Hi. I'm Simon Rubinstein-Salzedo. I'm a mathematics postdoc at Dartmouth College. I'm also a musician; I play piano and cello, and I also sometimes compose music and study musicology. I also like to play chess and write calligraphy. This blog is a catalogue of some of my thoughts. I write them down so that I understand them better. But sometimes other people find them interesting as well, so I happily share them with my small corner of the world.

Is there any relationship between the incidence algebra of a graded poset and the incidence matrices you get between any two consecutive ranks from the Hasse diagram? Convolutions and matrix multiplication appear to have a lot in common, so I’m curious if these two methods of analysis produce any of the same kinds of results.

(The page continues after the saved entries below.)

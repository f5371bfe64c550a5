-- ===== src/Tests/Cycle.antt =====
-- A run of Machine::OneInstruction of code/machine/mipssim.cc.
use my_nachos.Shared.{ℕ, ◌<◌, ◌≡◌, refl, true, none, some, [], ◌∷◌, replicate, ok, arith}
use my_nachos.Machine.State.{Machine, TranslationEntry, set_reg, user_mode}
use my_nachos.Machine.Execute.{done}
use my_nachos.Machine.Execute.Bounded.{IsSound}
use my_nachos.Machine.Memory.{read_mem, read_value}
use my_nachos.Machine.Translate.{translate}
use my_nachos.Machine.Decode.{decode}
use my_nachos.Machine.Execute.Shift.{exec_sll}
use my_nachos.Machine.Words.{add32, shl32}
use my_nachos.Machine.Cycle.{execute, finish, one_instruction}
use my_nachos.Machine.Boot.{init_registers}
use my_nachos.Machine.Boot.Start.{get_or-replicate, first_value, init_registers_lem}
use my_nachos.Machine.Cycle.Ready.{IsReady, one_instruction-IsReady}

abbrev first_frame : TranslationEntry
first_frame = record {
  virtual_page = 0;
  physical_page = 0;
  valid = true;
  read_only = true;
  used = true;
  dirty = true;
}

-- A memory of zeros, which are instructions without effect.
abbrev zeros : Machine
zeros = record {
  main_memory = replicate 4096 0;
  registers = λ r. 0;
  tlb = none;
  page_table = some (first_frame ∷ []);
  page_table_size = 1;
  status = user_mode;
}

zeros-IsSound : IsSound zeros
zeros-IsSound = record {
  words = λ r. omega arith;
  target = omega arith;
  memory = refl;
  bytes = get_or-replicate 4096;
}

abbrev after_zero : Machine
after_zero = finish (done (set_reg zeros 0 0) 4 0 0)

one_instruction_run : one_instruction zeros ≡ ok after_zero
unfolding one_instruction finish read_mem translate read_value execute decode exec_sll add32 shl32
one_instruction_run = refl

one_instruction-IsReady_example : IsReady after_zero
one_instruction-IsReady_example =
    one_instruction-IsReady zeros after_zero zeros-IsSound one_instruction_run

init_registers_lem_example :
    (m : Machine) × (init_registers 3 zeros ≡ ok m)
    × ((r : ℕ) → r < 40 → m.registers r ≡ first_value 3 r)
    × (m.main_memory ≡ zeros.main_memory)
init_registers_lem_example = init_registers_lem 3 zeros
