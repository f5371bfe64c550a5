-- ===== src/Tests/Devices.antt =====
-- Runs of code/machine/disk.cc and interrupt.cc.
use my_nachos.Shared.{
  ℕ, ◌+◌, ◌*◌, ◌/◌, ◌%◌, ◌≤◌, ◌<◌, ◌≡◌, refl, true, false, some, [], ◌∷◌, replicate, Result, ok,
  arith, if◌then◌else◌, Bool-cases, inl, inr, ltb, ◌^◌,
}
use my_nachos.Disk.{
  Disk, rotation_time, compute_latency, write_request, read_request, handle_interrupt,
}
use my_nachos.Disk.Latency.{
  compute_latency-bounds, compute_latency-position, read_request-write_request,
}
use my_nachos.Machine.State.{system_mode}
use my_nachos.Interrupt.{
  idle, PendingInterrupt, Sim, int_on, int_off, timer_int, disk_int, schedule, tick, one_tick,
  after_tick,
}
use my_nachos.Interrupt.Pending.{IsSorted}
use my_nachos.Interrupt.Clock.{Keeps, schedule-Keeps}
use my_nachos.Interrupt.Tick.{AllFired, one_tick_lem}
use my_nachos.Interrupt.Idle.{idle_lem}

-- Two tracks, the head on the first one.
abbrev two_tracks : Disk
two_tracks = record {
  sectors = replicate 64 (0 ∷ []);
  active = false;
  last_sector = 3;
  buffer_init = 0;
}

latency_run : compute_latency 20 two_tracks 40 true ≡ 500 + 480 + 6 * 500 + 500
unfolding compute_latency my_nachos.Disk.time_to_seek my_nachos.Disk.modulo_diff
    my_nachos.Disk.buffered
latency_run = refl

compute_latency-bounds_example :
    (rotation_time ≤ compute_latency 20 two_tracks 40 false)
    × (compute_latency 20 two_tracks 40 false < 64 * rotation_time)
compute_latency-bounds_example =
    compute_latency-bounds 20 two_tracks 40 false (omega arith) (omega arith)

compute_latency-position_example :
    ((20 + compute_latency 20 two_tracks 40 true) % rotation_time ≡ 0)
    × ((20 + compute_latency 20 two_tracks 40 true) / rotation_time % 32 ≡ 9)
compute_latency-position_example = compute_latency-position 20 two_tracks 40

abbrev after_write : Disk
after_write = record {
  sectors = (7 ∷ []) ∷ replicate 63 (0 ∷ []);
  active = true;
  last_sector = 0;
  buffer_init = 0;
}

write_run : write_request 0 two_tracks 0 (7 ∷ []) ≡ ok (after_write, 500)
unfolding write_request compute_latency my_nachos.Disk.time_to_seek my_nachos.Disk.modulo_diff
    my_nachos.Disk.buffered my_nachos.Disk.update_last
write_run = refl

read_request-write_request_example :
    (d : Disk) × (n : ℕ) × (read_request 600 (handle_interrupt after_write) 0 ≡ ok (7 ∷ [], d, n))
    × (d.sectors ≡ after_write.sectors)
read_request-write_request_example =
    read_request-write_request 0 600 two_tracks after_write 0 500 (7 ∷ []) write_run

-- A timer that schedules itself again, up to the last time that an int holds.
again : ℕ → ℕ → Sim ℕ → Result (Sim ℕ)
again h a s = if ltb (s.total_ticks + 100) (2 ^ 31) then schedule h a 100 timer_int s else ok s

again-Keeps :
    (h a : ℕ) (s : Sim ℕ) → IsSorted s.pending → (s' : Sim ℕ) × (again h a s ≡ ok s') × Keeps s s'
unfolding again
again-Keeps h a s sorted = elim (Bool-cases (ltb (s.total_ticks + 100) (2 ^ 31))) [
  | inl early ↦ rw early (schedule-Keeps h a 100 timer_int s sorted (omega arith) (ground arith))
  | inr late ↦
      rw late
        (s, refl, record { level = refl; ticks = refl; sorted = sorted; no_more_due = omega arith })
]

-- A timer interrupt that is due after the tick, and a disk interrupt that is not.
abbrev clock : Sim ℕ
clock = record {
  level = int_on;
  pending =
      record { handler = 1; arg = 0; when = 5; type = timer_int }
      ∷ record { handler = 2; arg = 0; when = 50; type = disk_int }
      ∷ [];
  in_handler = false;
  yield_on_return = false;
  status = system_mode;
  total_ticks = 0;
  idle_ticks = 0;
  system_ticks = 0;
  user_ticks = 0;
  world = 0;
}

one_tick_lem_example :
    (s : Sim ℕ) × (one_tick again (λ w. w) ok 2 clock ≡ some (after_tick ok system_mode s))
    × AllFired (record (tick clock) { level = int_off }) s
unfolding my_nachos.Interrupt.Pending.due
one_tick_lem_example =
    one_tick_lem again (λ w. w) again-Keeps clock 2 ok refl ((omega arith, tt), (tt, tt))
      (omega arith)

schedule-Keeps_example : (s : Sim ℕ) × (schedule 3 0 20 disk_int clock ≡ ok s) × Keeps clock s
schedule-Keeps_example =
    schedule-Keeps 3 0 20 disk_int clock ((omega arith, tt), (tt, tt)) (omega arith) (omega arith)

-- The clock with interrupts off, before it idles.
abbrev waiting : Sim ℕ
waiting = record clock { level = int_off }

idle_lem_example :
    (s : Sim ℕ) × (idle again (λ w. w) 1 waiting ≡ some (ok s))
    × (s.total_ticks ≡ 5)
    × (s.status ≡ system_mode)
    × (s.yield_on_return ≡ false)
    × IsSorted s.pending
unfolding my_nachos.Interrupt.Pending.due
idle_lem_example =
    idle_lem again (λ w. w) again-Keeps waiting 1
      (record { handler = 1; arg = 0; when = 5; type = timer_int })
      (record { handler = 2; arg = 0; when = 50; type = disk_int } ∷ []) refl refl
      ((omega arith, tt), (tt, tt)) refl (omega arith)
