-- ===== src/Tests/Elevators.antt =====
-- Runs of code/machine/elevator.cc: two elevators and five floors.
use my_nachos.Shared.{ℕ, ◌≡◌, refl, true, false, List, [], ◌∷◌, Result, ok, ◌>>=◌, arith}
use my_nachos.Elevator.{ElevatorInfo, ElevatorBank, Direction, neither, new_elevator_bank}
use my_nachos.Elevator.Safety.{AllSafe}
use my_nachos.Elevator.Calls.{Keeps}
use my_nachos.Elevator.Reach.{
  ElevatorCall, MayCall, perform, perform-AllSafe, moves, interrupts, start, after,
}

abbrev call_nobody : ElevatorBank → Result ElevatorBank
call_nobody b = ok b

-- An elevator at floor 0, and one that left it at tick 0 for floor 3.
abbrev at_rest : ElevatorInfo
at_rest = record {
  display = neither;
  doors_open = false;
  in_motion = false;
  last_floor = 0;
  will_arrive = 0;
  going_to = 0;
  riders = [];
}

abbrev leaving : ElevatorInfo
leaving = record at_rest { in_motion = true; will_arrive = 100; going_to = 3 }

abbrev moving_bank : ElevatorBank
moving_bank = record {
  num_elevators = 2;
  num_floors = 5;
  rider_events = [];
  controller_events = [];
  elevators = leaving ∷ at_rest ∷ [];
  scheduled = 100 ∷ [];
}

new_bank_run :
    new_elevator_bank 2 5
    ≡ record moving_bank { elevators = at_rest ∷ at_rest ∷ []; scheduled = [] }
unfolding new_elevator_bank my_nachos.Elevator.new_elevators my_nachos.Elevator.new_elevator_info
new_bank_run = refl

move_run : perform call_nobody call_nobody (moves 0 3 0) (new_elevator_bank 2 5) ≡ ok moving_bank
unfolding perform new_elevator_bank my_nachos.Elevator.new_elevators
    my_nachos.Elevator.new_elevator_info my_nachos.Elevator.move_to my_nachos.Elevator.on_elevator
    my_nachos.Elevator.info_move_to my_nachos.Elevator.in_range my_nachos.Elevator.schedule_elevator
    my_nachos.Machine.Words.signed_lt
move_run = refl

may_move : MayCall (moves 0 3 0) (new_elevator_bank 2 5)
unfolding new_elevator_bank my_nachos.Elevator.new_elevators my_nachos.Elevator.new_elevator_info
may_move e at moving = ground arith

perform-AllSafe_example :
    AllSafe moving_bank
    × Keeps AllSafe (perform call_nobody call_nobody (interrupts 100) moving_bank)
perform-AllSafe_example =
    perform-AllSafe call_nobody call_nobody (λ b s. s) (λ b s. s) 2 5 moving_bank (interrupts 100)
      (omega arith) (omega arith) (omega arith) (after (moves 0 3 0) start may_move move_run) tt

-- The calls one after the other, and the floors of the elevators then.
unfoldable run : List ElevatorCall → ElevatorBank → Result ElevatorBank
run [] b = ok b
run (c ∷ cs) b = perform call_nobody call_nobody c b >>= run cs

unfoldable floors_in : List ElevatorInfo → List ℕ
floors_in [] = []
floors_in (e ∷ es) = e.last_floor ∷ floors_in es

unfoldable floors_after : List ElevatorCall → ElevatorBank → Result (List ℕ)
floors_after cs b = run cs b >>= λ b'. ok (floors_in b'.elevators)

-- An elevator that is sent back to the floor it has just passed moves away from it, here below the
-- ground floor.
passed_floor_run :
    floors_after (moves 50 0 0 ∷ interrupts 100 ∷ []) moving_bank ≡ ok (4294967295 ∷ 0 ∷ [])
unfolding floors_after run floors_in perform my_nachos.Elevator.move_to
    my_nachos.Elevator.on_elevator my_nachos.Elevator.info_move_to my_nachos.Elevator.in_range
    my_nachos.Elevator.schedule_elevator my_nachos.Machine.Words.signed_lt
    my_nachos.Elevator.handle_elevators my_nachos.Elevator.advance_all my_nachos.Elevator.advance
    my_nachos.Elevator.reached_next_floor my_nachos.Elevator.check_arrived
    my_nachos.Elevator.next_floor my_nachos.Machine.Words.add32 my_nachos.Elevator.is_empty_events
    my_nachos.Elevator.post_controller_event
passed_floor_run = refl

-- Two elevators that start together: the second one is past two floors a tick after the first floor.
two_at_once_run :
    floors_after (moves 0 3 1 ∷ interrupts 100 ∷ interrupts 101 ∷ []) moving_bank ≡ ok (1 ∷ 2 ∷ [])
unfolding floors_after run floors_in perform my_nachos.Elevator.move_to
    my_nachos.Elevator.on_elevator my_nachos.Elevator.info_move_to my_nachos.Elevator.in_range
    my_nachos.Elevator.schedule_elevator my_nachos.Machine.Words.signed_lt
    my_nachos.Elevator.handle_elevators my_nachos.Elevator.advance_all my_nachos.Elevator.advance
    my_nachos.Elevator.reached_next_floor my_nachos.Elevator.check_arrived
    my_nachos.Elevator.next_floor my_nachos.Machine.Words.add32 my_nachos.Elevator.is_empty_events
    my_nachos.Elevator.post_controller_event
two_at_once_run = refl
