-- ===== src/Tests/Files.antt =====
-- Runs of code/filesys/directory.cc.
use my_nachos.Shared.{ℕ, ◌≡◌, refl, true, false, none, some, List, [], ◌∷◌, ok}
use my_nachos.Directory.{DirectoryEntry, Directory, new_directory, find, add, remove}
use my_nachos.Directory.Table.{lookup, IsUnique, find-lookup}
use my_nachos.Directory.Operations.{Adds, add-Adds, Removes, remove-Removes, new_directory_lem}

-- The name "ab" at sector 5, a free entry, and the name "c" at sector 6.
abbrev files : Directory
files = record {
  table =
      record { in_use = true; sector = 5; name = 97 ∷ 98 ∷ 0 ∷ [] }
      ∷ record { in_use = false; sector = 9; name = 98 ∷ 0 ∷ [] }
      ∷ record { in_use = true; sector = 6; name = 99 ∷ [] }
      ∷ [];
}

files-IsUnique : IsUnique files.table
unfolding lookup my_nachos.Directory.strncmp_eq
files-IsUnique = ((λ h. refl), ((λ h. refl), ((λ h. refl), tt)))

find_run : find files (99 ∷ 0 ∷ 7 ∷ []) ≡ ok (some 6)
unfolding find my_nachos.Directory.find_index my_nachos.Directory.strncmp_eq
find_run = refl

find-lookup_example : find files (99 ∷ []) ≡ ok (lookup files.table (99 ∷ []))
find-lookup_example = find-lookup files (99 ∷ [])

add-Adds_example : Adds files (98 ∷ []) 7 (add files (98 ∷ []) 7)
add-Adds_example = add-Adds files (98 ∷ []) 7 files-IsUnique

remove-Removes_example : Removes files (97 ∷ 98 ∷ []) (remove files (97 ∷ 98 ∷ []))
remove-Removes_example = remove-Removes files (97 ∷ 98 ∷ []) files-IsUnique

new_directory_run :
    IsUnique (new_directory files.table).table
    × ((name : List ℕ) → lookup (new_directory files.table).table name ≡ none)
new_directory_run = new_directory_lem files.table
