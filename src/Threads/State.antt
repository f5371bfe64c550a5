-- ===== src/Threads/State.antt =====
-- The objects of code/threads/thread.h, scheduler.h and system.h: a thread is named by its address.
use my_nachos.Shared.{ℕ, Option, List, ◌==◌, if◌then◌else◌}

pub data ThreadStatus : Type 0 where
  just_created running ready blocked : ThreadStatus

-- Where the saved state of a thread goes on: the constructor leaves it unset, StackAllocate sets it to
-- ThreadRoot, and SWITCH saves its own return address.
pub data SavedPc : Type 0 where
  unset thread_root behind_switch : SavedPc

-- `saved_pc` is the PC of `machineState`, or the return address on the new stack that SWITCH goes to;
-- `thread_id` is `none` for -1.
pub record Thread : Type 0 where
  pub status : ThreadStatus
  pub saved_pc : SavedPc
  pub thread_id : Option ℕ

-- The global variables of system.cc; `ready_list` is the scheduler's.
pub record Kernel : Type 0 where
  pub threads : ℕ → Thread
  pub ready_list : List ℕ
  pub current_thread : ℕ
  pub thread_to_be_destroyed : Option ℕ
  pub thread_ids : List ℕ

abbrev pub max_thread : ℕ
max_thread = 128

abbrev pub set_thread : Kernel → ℕ → Thread → Kernel
set_thread k t th = record k { threads = λ u. if u == t then th else k.threads u }

abbrev pub set_status : Kernel → ℕ → ThreadStatus → Kernel
set_status k t s = set_thread k t (record (k.threads t) { status = s })

abbrev pub set_saved_pc : Kernel → ℕ → SavedPc → Kernel
set_saved_pc k t pc = set_thread k t (record (k.threads t) { saved_pc = pc })
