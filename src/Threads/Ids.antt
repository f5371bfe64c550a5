-- ===== src/Threads/Ids.antt =====
-- `allocatedThreadID`, and the constructor and destructor of a thread (code/threads/thread.cc).
pub mod Table
use my_nachos.Shared.{
  ℕ, suc, not, Option, none, some, List, [], ◌∷◌, ◌==◌, if◌then◌else◌, put, set, Result, ok, stop,
  Stop, ◌>>=◌, ◌>>◌, assert,
}
use my_nachos.Threads.State.{Kernel, just_created, unset, set_thread}

-- The loop over `threadIDs` up to the first 0.
pub first_free : List ℕ → Option ℕ
first_free [] = none
first_free (u ∷ us) =
    if u == 0 then some 0 else elim (first_free us) [ none ↦ none | some i ↦ some (suc i) ]

-- `none` is the -1 that is returned when all are taken.
unfoldable pub allocated_thread_id : List ℕ → Option ℕ × List ℕ
unfolding first_free
allocated_thread_id ids = elim (first_free ids) [
  | none ↦ (none, ids)
  | some i ↦ (some i, set ids i 1)
]

-- The constructor, at the address `t`.
unfoldable pub new_thread : Kernel → ℕ → Kernel
new_thread k t =
    let (id, ids) = allocated_thread_id k.thread_ids in
    record (set_thread k t (record { status = just_created; saved_pc = unset; thread_id = id })) {
      thread_ids = ids;
    }

-- The destructor. `threadIDs[-1] = 0` writes outside the array.
unfoldable pub delete_thread : Kernel → ℕ → Result Kernel
delete_thread k t = do
  assert (not (t == k.current_thread))
  elim (k.threads t).thread_id [
    | none ↦ stop Stop.out_of_range
    | some id ↦ put k.thread_ids id 0 >>= λ ids. ok (record k { thread_ids = ids })
  ]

If I understand correctly what you mean by the incidence matrices you get between any two consecutive ranks of the Hasse diagram, then the incidence algebra should be generated by (I-incidence matrices with diagonal entries not equal to 1)^{-1} for a finite graded poset. The incidence algebra is the algebra of upper triangular matrices that have zero ij-entry unless i<=j. So you can write this as a sum of identity relations, covering relations, squares of covering relations, and so forth uniquely when you have a graded poset. (You can do that when it's not graded as well, but then it won't be unique.)